* [Assignment]: Write every entry out again, exactly as given.

* [Data section]:
**********
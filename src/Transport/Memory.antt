-- ===== src/Transport/Memory.antt =====
-- Autotests/IpcTransport_MemoryCopy.h: one end of the in-memory transport, with its two shared
-- queues. The callback `on_read` and the waiting itself are not modelled: a wait ends when the bytes
-- are there or when it is cancelled, and the state given is the one at its end.
use ipc_portable.Common.{
  ℕ, ◌≤◌, ◌≡◌, refl, Bool, true, false, not, Option, none, some, List, ◌++◌, arith, length, take,
  drop, ltb, if◌then◌else◌,
}
use ipc_portable.Transport.{TransportCopy, IsQueue}

pub record SyncData : Type 0 where
  pub incoming_data : Bool
  pub cancel_wait_respond : Bool
  pub bytes : List ℕ

pub record MemoryCopy : Type 0 where
  pub read_end : SyncData
  pub write_end : SyncData

abbrev pub read_memory : ℕ → MemoryCopy → Option (List ℕ) × MemoryCopy
read_memory size s = if ltb (length s.read_end.bytes) size then (none, s) else (
  some (take size s.read_end.bytes),
  record s {
    read_end = record s.read_end { bytes = drop size s.read_end.bytes; incoming_data = false };
  },
)

abbrev pub write_memory : List ℕ → MemoryCopy → MemoryCopy
write_memory bytes s = record s {
  write_end = record s.write_end { bytes = s.write_end.bytes ++ bytes; incoming_data = true };
}

abbrev pub memory_copy : TransportCopy
memory_copy = record {
  State = MemoryCopy;
  wait_respond = λ expected_size s. (not s.read_end.cancel_wait_respond, s);
  read_bytes_available = λ s. length s.read_end.bytes;
  read = read_memory;
  write = write_memory;
}

-- The in-memory transport keeps the contract.
pub memory_read_bytes :
    (n : ℕ) (s : MemoryCopy)
    → n ≤ length s.read_end.bytes
    → (read_memory n s).0 ≡ some (take n s.read_end.bytes)
memory_read_bytes n s h = ground arith

pub memory_read_queue :
    (n : ℕ) (s : MemoryCopy)
    → n ≤ length s.read_end.bytes
    → (read_memory n s).1.read_end.bytes ≡ drop n s.read_end.bytes
memory_read_queue n s h = ground arith

abbrev pub memory_copy-IsQueue : IsQueue memory_copy
memory_copy-IsQueue = record {
  queued = λ s. s.read_end.bytes;
  available_lem = λ s. refl;
  read_bytes_lem = memory_read_bytes;
  read_queue_lem = memory_read_queue;
}
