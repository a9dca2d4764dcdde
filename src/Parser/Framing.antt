-- ===== src/Parser/Framing.antt =====
-- The specification of the packet parser: how a run of bytes is cut into packets, whatever the
-- pieces in which the bytes arrive.
pub mod Data
pub mod Refines
pub mod Overflow
use ipc_portable.Common.{
  ℕ, ◌+◌, ◌-◌, ◌≤◌, ◌<◌, ◌≡◌, ◌⊎◌, Bool, Option, none, some, List, [], length, take, drop, arith,
  ltb, if◌then◌else◌, IsU32,
}
use ipc_portable.Stream.Bytes.{read_unsafe}
use ipc_portable.Packet.{c_net_call_packet_header_size, c_invalid_packet_size}
use ipc_portable.Transport.{TransportCopy, IsQueue}
use ipc_portable.Parser.{PacketParser, initial_parser, Needed}

-- The size field of the header at the front.
unfoldable pub size_field : List ℕ → ℕ
size_field bytes = read_unsafe 4 (take c_net_call_packet_header_size bytes)

abbrev pub packet_size : List ℕ → ℕ
packet_size bytes = c_net_call_packet_header_size + size_field bytes

-- The first packet of a run of bytes and what follows it, if the packet is all there.
unfoldable pub next_packet : List ℕ → Option (List ℕ × List ℕ)
next_packet bytes =
    if ltb (length bytes) c_net_call_packet_header_size
    then none
    else if ltb (length bytes) (packet_size bytes)
    then none
    else some (take (packet_size bytes) bytes, drop (packet_size bytes) bytes)

pub next_packet_complete :
    (bytes : List ℕ) (n : ℕ)
    → packet_size bytes ≡ n
    → n ≤ length bytes
    → next_packet bytes ≡ some (take n bytes, drop n bytes)
unfolding next_packet
next_packet_complete bytes n e h = ground arith

pub next_packet_no_header :
    (bytes : List ℕ) → length bytes < c_net_call_packet_header_size → next_packet bytes ≡ none
unfolding next_packet
next_packet_no_header bytes h = ground arith

pub next_packet_short :
    (bytes : List ℕ) → length bytes < packet_size bytes → next_packet bytes ≡ none
unfolding next_packet
next_packet_short bytes h = ground arith

-- How many bytes are missing for the next step: the header, or the announced data.
unfoldable pub missing : List ℕ → ℕ
missing bytes =
    if ltb (length bytes) c_net_call_packet_header_size
    then c_net_call_packet_header_size - length bytes
    else packet_size bytes - length bytes

pub missing_data :
    (bytes : List ℕ) {n : ℕ}
    → c_net_call_packet_header_size ≤ length bytes
    → n + length bytes ≡ packet_size bytes
    → n ≡ missing bytes
unfolding missing
missing_data bytes h e = ground arith

pub missing_header :
    (bytes : List ℕ) {n : ℕ}
    → 0 < n
    → n + length bytes ≡ c_net_call_packet_header_size
    → n ≡ missing bytes
unfolding missing
missing_header bytes h e = ground arith

-- The whole packet's size can be counted in 32 bits.
abbrev pub IsAcceptable : List ℕ → Type 0
IsAcceptable bytes = c_net_call_packet_header_size ≤ length bytes → IsU32 (packet_size bytes)

-- The parser waits for the rest of a header, of which it has `bytes`.
pub record HoldsHeader (p : PacketParser) (bytes : List ℕ) : Type 0 where
  pub no_size : p.incoming.data_size ≡ c_invalid_packet_size
  pub no_data : p.header_data ≡ none
  pub raw_size : length p.incoming.raw_header_buffer ≡ c_net_call_packet_header_size
  pub need_le : p.incoming.need_size ≤ c_net_call_packet_header_size
  pub need_pos : 0 < p.incoming.need_size
  pub received :
      bytes
      ≡ take (c_net_call_packet_header_size - p.incoming.need_size) p.incoming.raw_header_buffer

-- The parser has the header of a packet and has `bytes` of the packet in its buffer.
pub record HoldsData (p : PacketParser) (buffer bytes : List ℕ) : Type 0 where
  pub packet_data : p.header_data ≡ some buffer
  pub counts : IsU32 (c_net_call_packet_header_size + p.incoming.data_size)
  pub buffer_size : length buffer ≡ c_net_call_packet_header_size + p.incoming.data_size
  pub need_le : p.incoming.need_size ≤ p.incoming.data_size
  pub received :
      bytes
      ≡ take (c_net_call_packet_header_size + p.incoming.data_size - p.incoming.need_size) buffer
  pub announced : p.incoming.data_size ≡ size_field bytes

-- The parser holds `bytes`, the beginning of a packet that is not complete.
abbrev pub Holding : PacketParser → List ℕ → Type 0
Holding p bytes =
    HoldsHeader p bytes
    ⊎ ((buffer : List ℕ) × HoldsData p buffer bytes × (0 < p.incoming.need_size))

module _ (t : TransportCopy) (q : IsQueue t) where
  -- What a call makes of `bytes`, which were held by the parser or were waiting in the transport,
  -- in either case of `next_packet`.
  abbrev pub Delivers : List ℕ → Option (List ℕ × List ℕ) → Needed t.State → Type 0
  Delivers bytes none r =
      (r.packet ≡ none)
      × Holding r.parser bytes
      × (q.queued r.transport ≡ [])
      × (r.size ≡ missing bytes)
  Delivers bytes (some (packet, rest)) r =
      (r.packet ≡ some packet)
      × (r.parser ≡ initial_parser)
      × (q.queued r.transport ≡ rest)
      × (r.size ≡ c_net_call_packet_header_size)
**********
* [Solution below]:
filename src/Transport/Memory.antt
-- ===== src/Transport/Memory.antt =====
-- Autotests/IpcTransport_MemoryCopy.h: one end of the in-memory transport, with its two shared
-- queues. The callback `on_read` and the waiting itself are not modelled: a wait ends when the bytes
-- are there or when it is cancelled, and the state given is the one at its end.
use ipc_portable.Common.{
  ℕ, ◌≤◌, ◌≡◌, refl, Bool, true, false, not, Option, none, some, List, ◌++◌, arith, length, take,
  drop, ltb, if◌then◌else◌,
}
use ipc_portable.Transport.{TransportCopy, IsQueue}

pub record SyncData : Type 0 where
  pub incoming_data : Bool
  pub cancel_wait_respond : Bool
  pub bytes : List ℕ

pub record MemoryCopy : Type 0 where
  pub read_end : SyncData
  pub write_end : SyncData

abbrev pub read_memory : ℕ → MemoryCopy → Option (List ℕ) × MemoryCopy
read_memory size s = if ltb (length s.read_end.bytes) size then (none, s) else (
  some (take size s.read_end.bytes),
  record s {
    read_end = record s.read_end { bytes = drop size s.read_end.bytes; incoming_data = false };
  },
)

abbrev pub write_memory : List ℕ → MemoryCopy → MemoryCopy
write_memory bytes s = record s {
  write_end = record s.write_end { bytes = s.write_end.bytes ++ bytes; incoming_data = true };
}

abbrev pub memory_copy : TransportCopy
memory_copy = record {
  State = MemoryCopy;
  wait_respond = λ expected_size s. (not s.read_end.cancel_wait_respond, s);
  read_bytes_available = λ s. length s.read_end.bytes;
  read = read_memory;
  write = write_memory;
}

-- The in-memory transport keeps the contract.
pub memory_read_bytes :
    (n : ℕ) (s : MemoryCopy)
    → n ≤ length s.read_end.bytes
    → (read_memory n s).0 ≡ some (take n s.read_end.bytes)
memory_read_bytes n s h = ground arith

pub memory_read_queue :
    (n : ℕ) (s : MemoryCopy)
    → n ≤ length s.read_end.bytes
    → (read_memory n s).1.read_end.bytes ≡ drop n s.read_end.bytes
memory_read_queue n s h = ground arith

abbrev pub memory_copy-IsQueue : IsQueue memory_copy
memory_copy-IsQueue = record {
  queued = λ s. s.read_end.bytes;
  available_lem = λ s. refl;
  read_bytes_lem = memory_read_bytes;
  read_queue_lem = memory_read_queue;
}
repository a9dca2d4764dcdde
filename src/Parser/Framing.antt
-- ===== src/Parser/Framing.antt =====
-- The specification of the packet parser: how a run of bytes is cut into packets, whatever the
-- pieces in which the bytes arrive.
pub mod Data
pub mod Refines
pub mod Overflow
use ipc_portable.Common.{
  ℕ, ◌+◌, ◌-◌, ◌≤◌, ◌<◌, ◌≡◌, ◌⊎◌, Bool, Option, none, some, List, [], length, take, drop, arith,
  ltb, if◌then◌else◌, IsU32,
}
use ipc_portable.Stream.Bytes.{read_unsafe}
use ipc_portable.Packet.{c_net_call_packet_header_size, c_invalid_packet_size}
use ipc_portable.Transport.{TransportCopy, IsQueue}
use ipc_portable.Parser.{PacketParser, initial_parser, Needed}

-- The size field of the header at the front.
unfoldable pub size_field : List ℕ → ℕ
size_field bytes = read_unsafe 4 (take c_net_call_packet_header_size bytes)

abbrev pub packet_size : List ℕ → ℕ
packet_size bytes = c_net_call_packet_header_size + size_field bytes

-- The first packet of a run of bytes and what follows it, if the packet is all there.
unfoldable pub next_packet : List ℕ → Option (List ℕ × List ℕ)
next_packet bytes =
    if ltb (length bytes) c_net_call_packet_header_size
    then none
    else if ltb (length bytes) (packet_size bytes)
    then none
    else some (take (packet_size bytes) bytes, drop (packet_size bytes) bytes)

pub next_packet_complete :
    (bytes : List ℕ) (n : ℕ)
    → packet_size bytes ≡ n
    → n ≤ length bytes
    → next_packet bytes ≡ some (take n bytes, drop n bytes)
unfolding next_packet
next_packet_complete bytes n e h = ground arith

pub next_packet_no_header :
    (bytes : List ℕ) → length bytes < c_net_call_packet_header_size → next_packet bytes ≡ none
unfolding next_packet
next_packet_no_header bytes h = ground arith

pub next_packet_short :
    (bytes : List ℕ) → length bytes < packet_size bytes → next_packet bytes ≡ none
unfolding next_packet
next_packet_short bytes h = ground arith

-- How many bytes are missing for the next step: the header, or the announced data.
unfoldable pub missing : List ℕ → ℕ
missing bytes =
    if ltb (length bytes) c_net_call_packet_header_size
    then c_net_call_packet_header_size - length bytes
    else packet_size bytes - length bytes

pub missing_data :
    (bytes : List ℕ) {n : ℕ}
    → c_net_call_packet_header_size ≤ length bytes
    → n + length bytes ≡ packet_size bytes
    → n ≡ missing bytes
unfolding missing
missing_data bytes h e = ground arith

pub missing_header :
    (bytes : List ℕ) {n : ℕ}
    → 0 < n
    → n + length bytes ≡ c_net_call_packet_header_size
    → n ≡ missing bytes
unfolding missing
missing_header bytes h e = ground arith

-- The whole packet's size can be counted in 32 bits.
abbrev pub IsAcceptable : List ℕ → Type 0
IsAcceptable bytes = c_net_call_packet_header_size ≤ length bytes → IsU32 (packet_size bytes)

-- The parser waits for the rest of a header, of which it has `bytes`.
pub record HoldsHeader (p : PacketParser) (bytes : List ℕ) : Type 0 where
  pub no_size : p.incoming.data_size ≡ c_invalid_packet_size
  pub no_data : p.header_data ≡ none
  pub raw_size : length p.incoming.raw_header_buffer ≡ c_net_call_packet_header_size
  pub need_le : p.incoming.need_size ≤ c_net_call_packet_header_size
  pub need_pos : 0 < p.incoming.need_size
  pub received :
      bytes
      ≡ take (c_net_call_packet_header_size - p.incoming.need_size) p.incoming.raw_header_buffer

-- The parser has the header of a packet and has `bytes` of the packet in its buffer.
pub record HoldsData (p : PacketParser) (buffer bytes : List ℕ) : Type 0 where
  pub packet_data : p.header_data ≡ some buffer
  pub counts : IsU32 (c_net_call_packet_header_size + p.incoming.data_size)
  pub buffer_size : length buffer ≡ c_net_call_packet_header_size + p.incoming.data_size
  pub need_le : p.incoming.need_size ≤ p.incoming.data_size
  pub received :
      bytes
      ≡ take (c_net_call_packet_header_size + p.incoming.data_size - p.incoming.need_size) buffer
  pub announced : p.incoming.data_size ≡ size_field bytes

-- The parser holds `bytes`, the beginning of a packet that is not complete.
abbrev pub Holding : PacketParser → List ℕ → Type 0
Holding p bytes =
    HoldsHeader p bytes
    ⊎ ((buffer : List ℕ) × HoldsData p buffer bytes × (0 < p.incoming.need_size))

module _ (t : TransportCopy) (q : IsQueue t) where
  -- What a call makes of `bytes`, which were held by the parser or were waiting in the transport,
  -- in either case of `next_packet`.
  abbrev pub Delivers : List ℕ → Option (List ℕ × List ℕ) → Needed t.State → Type 0
  Delivers bytes none r =
      (r.packet ≡ none)
      × Holding r.parser bytes
      × (q.queued r.transport ≡ [])
      × (r.size ≡ missing bytes)
  Delivers bytes (some (packet, rest)) r =
      (r.packet ≡ some packet)
      × (r.parser ≡ initial_parser)
      × (q.queued r.transport ≡ rest)
      × (r.size ≡ c_net_call_packet_header_size)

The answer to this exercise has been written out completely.